Cataldo discovered the company in fall 2021 when Domb became a client for Generate Product Development, the student-led product development studio for entrepreneurial engineering, another student organization where Cataldo is director of operations. Cataldo, along with Rooted Living’s designer Anna Rychlik and director of marketing Ho Yan Ho, was motivated to join the company’s sustainability initiative after seeing Domb’s strong work ethic and passion.

“I really, really like the mission of the company. I really like this brand that they’ve built up, but it more had to do with Rachel herself, just like seeing all the big things she was doing in the entrepreneurship community, seeing how quickly Rooted [Living] was growing,” Cataldo said.

Domb’s dedication to her business is not only recognized by her peers but by everyone who works with her. Ted Johnson, director of the Sherman Center, works with Domb daily and speaks to her skills as an entrepreneur.

“Rachel is someone who has done really wonderful, extraordinary work with Rooted Living, but she’s also an entrepreneur who is willing to really take a very logical look at the world around her,” Johnson said. 

Johnson began working with Domb in July 2021 when she began her “eco-preneurship” co-op in the Sherman Center as a part of Northeastern’s plant shift initiative, an entrepreneurship movement encouraging the development of plant-based businesses. The Sherman Center has seen more than 25 co-ops, but to Johnson, Domb stands out.

“The other co-ops that are currently on with her this cycle are benefitting from her experience,”  Johnson said. “She’s willing to share that information, she’s willing to teach, she’s willing to mentor in her own way. Our co-op program this cycle is better across the board just by having her be a part of it.”

After spending the past year solely focused on her venture, Domb has gained a well-rounded understanding of entrepreneurship. With more entrepreneurial experience than most students, she has a clear view of where her business can go next. 

Rooted Living currently sells its granola in full-sized bags, but the company is developing on-the-go snack bags to keep up with Domb’s vision of eliminating single-use plastic. Single-use plastic pollutes oceans, harms wildlife and emits greenhouse gasses and toxic chemicals into the atmosphere, but it is used in much of the packaging seen on grocery store shelves.

“I’m very interested in the impact that humans have on the environment but also that the environment has on humans and how that affects us cognitively,” Domb said. 

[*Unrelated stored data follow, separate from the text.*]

-- ===== src/Spock/Desired/Joined.antt =====
-- `ComputeDesired` (internal/spock/desired.go): the objects that it wants for each pair of nodes.
use mathlib.Core.List.{Memᴰ}
use pgedge_helm.Base.{
  ◌≡◌, sym, ap, ◌∙◌, arith, Bool, true, false, List, some, elem, All-elem, ◌==◌, Nodup, All,
  Option-cases, inl, inr,
}
use pgedge_helm.Base.Text.{Text, text_key}
use pgedge_helm.Base.Maps.{Map, lookup}
use pgedge_helm.Config.{Node, Config}
use pgedge_helm.Resource.{Identifier, identifier_key}
use pgedge_helm.Spock.Names.{spock_slot_name, spock_sub_name}
use pgedge_helm.Spock.Types.{
  Address, ident, resource_type_user, resource_type_node, resource_type_replication_slot,
  resource_type_subscription,
}
use pgedge_helm.Spock.Object.{Body, user, node, slot, subscription, Object}
use pgedge_helm.Spock.Desired.{Building, Conns, compute_desired}
use pgedge_helm.Spock.Desired.Grows.{Has}
use pgedge_helm.Spock.Desired.Filling.{node_names}
use pgedge_helm.Spock.Desired.Mesh.{compute_desired-HasPair}
use pgedge_helm.Spock.Desired.Wanted.{
  user_of, node_of, slot_of, sub_of, AllWanted, compute_desired-AllWanted,
}
use pgedge_helm.Spock.Desired.Entries.{
  NamesApart, name_in, one_node, user_at, node_at, slot_at, sub_at, found,
}
use pgedge_helm.Spock.Names.Distinct.{IsPlain, spock_slot_name-injective, spock_sub_name-injective}

module _ (cfg : Config) (conns : Conns) where
  -- An object with this body stands at this key.
  abbrev pub Holds : Identifier → Map Identifier Object → Body → Type 0
  Holds k m b = (o : Object) × (lookup k m ≡ some o) × (o.body ≡ b)

  -- What there is for a pair: the role and the Spock node of both, the slot at the source, and the
  -- subscription at the destination.
  pub record IsJoined (src dst : Node) (m : Map Identifier Object) : Type 0 where
    pub src_user : Holds (ident resource_type_user src.name) m (user (user_of cfg conns src))
    pub src_node : Holds (ident resource_type_node src.name) m (node (node_of cfg conns src))
    pub dst_user : Holds (ident resource_type_user dst.name) m (user (user_of cfg conns dst))
    pub dst_node : Holds (ident resource_type_node dst.name) m (node (node_of cfg conns dst))
    pub slot_held :
        Holds
          (ident resource_type_replication_slot (spock_slot_name cfg.db_name src.name dst.name))
          m
          (slot (slot_of cfg conns src dst))
    pub sync : Bool
    pub extra_deps : List Identifier
    pub sub_held :
        Holds
          (ident resource_type_subscription (spock_sub_name src.name dst.name))
          m
          (subscription (sub_of cfg conns src dst sync extra_deps))

  some_object :
      (k : Identifier) (b : Building) → Has k b → (o : Object) × (lookup k b.resources ≡ some o)
  some_object k b h = elim (Option-cases (lookup k b.resources)) [
    | inl missing ↦ absurd (ground arith)
    | inr (o, e) ↦ (o, e)
  ]

  module _ (apart : NamesApart cfg) (b : Building) (wanted : AllWanted cfg conns b.resources) where
    same_node : (x y : Node) → Memᴰ x cfg.nodes → Memᴰ y cfg.nodes → x.name ≡ y.name → x ≡ y
    same_node x y = one_node x y cfg.nodes apart.nodup

    user_held :
        (n : Node)
        → Memᴰ n cfg.nodes
        → Has (ident resource_type_user n.name) b
        → Holds (ident resource_type_user n.name) b.resources (user (user_of cfg conns n))
    user_held n n_in h =
        let (o, e) = some_object (ident resource_type_user n.name) b h in
        let (at, w) = found cfg conns (ident resource_type_user n.name) b.resources o wanted e in
        let (x, x_in, is_user, named) = user_at cfg conns o.body n.name at w in
        (o, e, is_user ∙ ap (λ y. user (user_of cfg conns y)) (same_node x n x_in n_in (sym named)))

    node_held :
        (n : Node)
        → Memᴰ n cfg.nodes
        → Has (ident resource_type_node n.name) b
        → Holds (ident resource_type_node n.name) b.resources (node (node_of cfg conns n))
    node_held n n_in h =
        let (o, e) = some_object (ident resource_type_node n.name) b h in
        let (at, w) = found cfg conns (ident resource_type_node n.name) b.resources o wanted e in
        let (x, x_in, is_node, named) = node_at cfg conns o.body n.name at w in
        (o, e, is_node ∙ ap (λ y. node (node_of cfg conns y)) (same_node x n x_in n_in (sym named)))

    module _ (src dst : Node) (src_in : Memᴰ src cfg.nodes) (dst_in : Memᴰ dst cfg.nodes) where
      slot_there :
          Has
            (ident resource_type_replication_slot (spock_slot_name cfg.db_name src.name dst.name))
            b
          → Holds
              (ident resource_type_replication_slot (spock_slot_name cfg.db_name src.name dst.name))
              b.resources
              (slot (slot_of cfg conns src dst))
      slot_there h =
          let name = spock_slot_name cfg.db_name src.name dst.name in
          let (o, e) = some_object (ident resource_type_replication_slot name) b h in
          let (at, w) =
            found cfg conns (ident resource_type_replication_slot name) b.resources o wanted e in
          let (x, y, x_in, y_in, is_slot, named) = slot_at cfg conns o.body name at w in
          let (p, q) =
            apart.slot_name_inj src.name dst.name x.name y.name (name_in src cfg.nodes src_in)
              (name_in dst cfg.nodes dst_in) (name_in x cfg.nodes x_in) (name_in y cfg.nodes y_in)
              named in
          let same_src = same_node x src x_in src_in (sym p) in
          let same_dst = same_node y dst y_in dst_in (sym q) in
          (
            o,
            e,
            is_slot
                ∙ ap (λ n. slot (slot_of cfg conns n y)) same_src
                ∙ ap (λ n. slot (slot_of cfg conns src n)) same_dst,
          )

      sub_there :
          Has (ident resource_type_subscription (spock_sub_name src.name dst.name)) b
          → (sync : Bool) × (extra : List Identifier) × Holds
              (ident resource_type_subscription (spock_sub_name src.name dst.name))
              b.resources
              (subscription (sub_of cfg conns src dst sync extra))
      sub_there h =
          let name = spock_sub_name src.name dst.name in
          let (o, e) = some_object (ident resource_type_subscription name) b h in
          let (at, w) =
            found cfg conns (ident resource_type_subscription name) b.resources o wanted e in
          let (x, y, sync, extra, x_in, y_in, is_sub, named) = sub_at cfg conns o.body name at w in
          let (p, q) =
            apart.sub_name_inj src.name dst.name x.name y.name (name_in src cfg.nodes src_in)
              (name_in dst cfg.nodes dst_in) (name_in x cfg.nodes x_in) (name_in y cfg.nodes y_in)
              named in
          let same_src = same_node x src x_in src_in (sym p) in
          let same_dst = same_node y dst y_in dst_in (sym q) in
          (
            sync,
            extra,
            (
              o,
              e,
              is_sub
                  ∙ ap (λ n. subscription (sub_of cfg conns n y sync extra)) same_src
                  ∙ ap (λ n. subscription (sub_of cfg conns src n sync extra)) same_dst,
            ),
          )

  -- `ComputeDesired` wants the whole mesh, where no two nodes have one name and no two pairs of them
  -- one name of a slot or a subscription: for two different nodes, at their identifiers, the role and
  -- the Spock node of both, with the connection of each, the slot of the pair with the connection of
  -- the source, and the subscription of the pair with the connection of the destination.
  pub compute_desired-IsJoined :
      (next : Address) (src dst : Node)
      → NamesApart cfg
      → Memᴰ src cfg.nodes
      → Memᴰ dst cfg.nodes
      → (src.name == dst.name) ≡ false
      → IsJoined src dst (compute_desired cfg conns next).resources
  compute_desired-IsJoined next src dst apart src_in dst_in other =
      let b = compute_desired cfg conns next in
      let wanted = compute_desired-AllWanted cfg conns next in
      let (at_src, at_dst, has_slot, has_sub) =
        compute_desired-HasPair cfg conns next src dst src_in dst_in other in
      let (sync, extra, sub_held) = sub_there apart b wanted src dst src_in dst_in has_sub in
      record {
        src_user = user_held apart b wanted src src_in at_src.0;
        src_node = node_held apart b wanted src src_in at_src.1;
        dst_user = user_held apart b wanted dst dst_in at_dst.0;
        dst_node = node_held apart b wanted dst dst_in at_dst.1;
        slot_held = slot_there apart b wanted src dst src_in dst_in has_slot;
        sync = sync;
        extra_deps = extra;
        sub_held = sub_held;
      }

-- Plain names keep apart.
pub plain-NamesApart :
    (cfg : Config) → Nodup (node_names cfg) → All IsPlain (node_names cfg) → NamesApart cfg
plain-NamesApart cfg nodup h =
    let plain =
      λ (t : Text) (m : elem t (node_names cfg) ≡ true). All-elem IsPlain (node_names cfg) t h m in
    record {
      nodup = nodup;
      slot_name_inj = λ a b c d ma mb mc md e.
          spock_slot_name-injective cfg.db_name a b c d (plain a ma) (plain b mb) (plain c mc)
            (plain d md) e;
      sub_name_inj = λ a b c d ma mb mc md e.
          spock_sub_name-injective a b c d (plain a ma) (plain b mb) (plain c mc) (plain d md) e;
    }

Domb conducted user research and interviews in order to understand the way that her product was being used in the real world. As her company works to fill the sustainability gap in the snack market, Domb wants to ensure that her product is fully meeting customer demands while simultaneously avoiding contributing to plastic pollution.

Rooted Living is unique in its snacking sustainability, but what truly makes the company stand out is all the passion behind the scenes. 

“The weight of success comes from internally within the team,” Domb said. 

During the hiring process in December 2021, Domb chose the people that were the most excited about helping Rooted Living grow. She already had a support system in her family, but the motivated team that she has built is working hard to continue the company’s upward trajectory. With products in Wollaston’s Market and online after only receiving funding at the beginning of Domb’s co-op in July 2021, Rooted Living is rapidly growing, and it does not seem to be slowing down any time soon.

“More people are hearing about her product and more people are loving her product and I’m really excited about it,” Johnson said.

As Rooted Living breaks into the snack industry, it gives consumers an option that is environmentally friendly on both the inside and outside. Domb’s company shows that, even at a young age, one can combine their passions and values to positively impact the world around them.

“I think that what I love so much about business is the actual process of doing and building and creating something very applicable to my needs and wants and dreams and seeing that unfold,” Domb said.